_What this task involves:_ The lines to copy are those in the records below that hold the word "RepoLease".

(Stored data entries)
┄┄┄┄┄┄┄┄┄┄┄┄┄┄┄┄┄┄┄┄
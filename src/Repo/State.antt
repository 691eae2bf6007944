-- ===== src/Repo/State.antt =====
-- do/repo/repoState.ts, do/repo/db/schema.ts and git/maintenance/gcOperation.ts: what the Durable
-- Object of a repository stores. A key that may be missing is an `Option`, a family of keys is a
-- function, and the SQLite table `pack_catalog` is the list of its rows.
use git_on_cloudflare.Base.{ℕ, Bool, List, Option, Text}
use git_on_cloudflare.Refs.{Ref, ReceiveCommand, ReceiveStatus}

pub data LeaseOperation : Type 0 where
  receive compaction reachability_gc pack_ref_backfill generation_publication : LeaseOperation

pub record RepoLease : Type 0 where
  pub token : Text
  pub created_at : ℕ
  pub expires_at : ℕ
  pub operation : Option LeaseOperation

pub record StockReceiveRecoveryLease : Type 0 where
  pub lease : RepoLease
  pub operation_id : Text

pub record Head : Type 0 where
  pub target : Text
  pub oid : Option Text
  pub unborn : Option Bool

pub data PackKind : Type 0 where
  receive compact legacy : PackKind

pub data PackState : Type 0 where
  active superseded : PackState

pub record PackCatalogRow : Type 0 where
  pub pack_key : Text
  pub kind : PackKind
  pub state : PackState
  pub tier : ℕ
  pub seq_lo : ℕ
  pub seq_hi : ℕ
  pub object_count : ℕ
  pub pack_bytes : ℕ
  pub idx_bytes : ℕ
  pub created_at : ℕ
  pub superseded_by : Option Text

pub data NativeReceiveOperationState : Type 0 where
  staged processing ready finalizing committed aborted failed : NativeReceiveOperationState

-- `stock_receive` says whether the optional field of that name is there.
pub record NativeReceiveOperation : Type 0 where
  pub lease_token : Text
  pub state : NativeReceiveOperationState
  pub stock_receive : Bool

pub data GcPhase : Type 0 where
  queued rewrite index publish reclaim discard complete blocked : GcPhase

pub record GcSnapshot : Type 0 where
  pub token : Text
  pub refs : List Ref
  pub snapshot_pin_version : ℕ
  pub refs_version : ℕ
  pub packset_version : ℕ
  pub source_packs : List PackCatalogRow

pub record GcClosure : Type 0 where
  pub object_count : ℕ
  pub object_set_sha256 : Text

pub record GcRewriteIdentity : Type 0 where
  pub pack_bytes : ℕ
  pub pack_sha1 : Text

pub record GcRewrite : Type 0 where
  pub identity : GcRewriteIdentity
  pub etag : Text

-- `object_set_sha256` is the field of the optional `maintenance`.
pub record NativeReceiveProcessResult : Type 0 where
  pub operation_id : Text
  pub pack_bytes : ℕ
  pub idx_bytes : ℕ
  pub object_count : ℕ
  pub pack_sha1 : Text
  pub object_set_sha256 : Option Text

pub record GcClaim : Type 0 where
  pub id : Text
  pub expires_at : ℕ
  pub safe_retry_at : ℕ

pub data RetentionReason : Type 0 where
  new_source_reachability metadata_unavailable : RetentionReason

pub record GcCoordination : Type 0 where
  pub refs_version : ℕ
  pub packset_version : ℕ
  pub snapshot_pin_version : ℕ
  pub retained_source_pack_keys : List Text
  pub conservative_retention_reason : Option RetentionReason
  pub publication_claim_id : Option Text
  pub accepted_receives : ℕ

pub record GcCommit : Type 0 where
  pub pack_catalog_version : ℕ
  pub superseded_pack_keys : List Text
  pub target_pack_key : Option Text

-- Measurements and the faults of qualification runs are left out; `qualification_deadline_at` is
-- the deadline of such a run.
pub record GcOperation : Type 0 where
  pub id : Text
  pub repository_id : Text
  pub phase : GcPhase
  pub created_at : ℕ
  pub updated_at : ℕ
  pub claim : Option GcClaim
  pub snapshot : Option GcSnapshot
  pub coordination : Option GcCoordination
  pub closure : Option GcClosure
  pub retained_pack_key : Option Text
  pub input_pack_key : Text
  pub output_pack_key : Text
  pub output_result_key : Text
  pub rewrite_intent : Option GcRewriteIdentity
  pub rewrite : Option GcRewrite
  pub native_result : Option NativeReceiveProcessResult
  pub commit : Option GcCommit
  pub blocked_reason : Option Text
  pub discard_after : Option ℕ
  pub qualification_deadline_at : Option ℕ

pub data PendingState : Type 0 where
  staged committing cleanup : PendingState

pub record ReachabilityGcPending : Type 0 where
  pub token : Text
  pub pack_key : Text
  pub state : PendingState
  pub safe_cleanup_at : Option ℕ

-- `snapshot_projection` says whether the lease is for that operation.
pub record RepositoryReadLease : Type 0 where
  pub expires_at : ℕ
  pub snapshot_projection : Bool

pub record StagedPack : Type 0 where
  pub pack_key : Text
  pub pack_bytes : ℕ
  pub idx_bytes : ℕ
  pub object_count : ℕ

pub record RefPublication : Type 0 where
  pub at : ℕ
  pub refs_version : ℕ

pub record ReceiveFinalizeIntent : Type 0 where
  pub token : Text
  pub commands : List ReceiveCommand
  pub expected_refs_version : ℕ
  pub next_head : Head
  pub next_refs_version : ℕ
  pub staged_pack : Option StagedPack
  pub pack_sequence : Option ℕ
  pub next_packset_version : Option ℕ
  pub ref_publication : Option RefPublication
  pub recovery_attempts : Option ℕ
  pub recovery_escalated : Bool
  pub created_at : ℕ

pub record ReceiveCommitOutcome : Type 0 where
  pub token : Text
  pub statuses : List ReceiveStatus
  pub changed : Bool
  pub empty : Bool
  pub should_queue_compaction : Bool
  pub ref_publication : Option RefPublication

pub record PublicationPending : Type 0 where
  pub generation : ℕ
  pub active_pack_keys : List Text

-- `alarm` is the alarm of the Durable Object, and the rest are the keys of its storage.
pub record RepoState : Type 0 where
  pub refs : Option (List Ref)
  pub head : Option Head
  pub refs_version : Option ℕ
  pub packset_version : Option ℕ
  pub snapshot_pin_version : Option ℕ
  pub next_pack_seq : Option ℕ
  pub generation_publication_pending : Option PublicationPending
  pub receive_lease : Option RepoLease
  pub stock_receive_preparation_leases : Option (List RepoLease)
  pub stock_receive_recovery_lease : Option StockReceiveRecoveryLease
  pub receive_outcome_index : Option (List Text)
  pub receive_outcome : Text → Option ReceiveCommitOutcome
  pub receive_finalize_intent : Text → Option ReceiveFinalizeIntent
  pub native_receive_operation_index : Option (List Text)
  pub native_receive_operation : Text → Option NativeReceiveOperation
  pub compact_lease : Option RepoLease
  pub gc_operation : Option GcOperation
  pub gc_admission : Text → Bool
  pub reachability_gc_pending : Option ReachabilityGcPending
  pub repository_read_leases : Option (List RepositoryReadLease)
  pub snapshot_materialization_lease_ends : List ℕ
  pub repository_deleting : Bool
  pub compaction_wanted_at : Option ℕ
  pub compaction_pending_since : Option ℕ
  pub last_access_ms : Option ℕ
  pub pack_catalog : List PackCatalogRow
  pub alarm : Option ℕ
┄┄┄┄┄┄┄┄┄┄┄┄┄┄┄┄┄┄┄┄
_Task output:_
pub record RepoLease : Type 0 where
  pub lease : RepoLease
  pub receive_lease : Option RepoLease
  pub stock_receive_preparation_leases : Option (List RepoLease)
  pub compact_lease : Option RepoLease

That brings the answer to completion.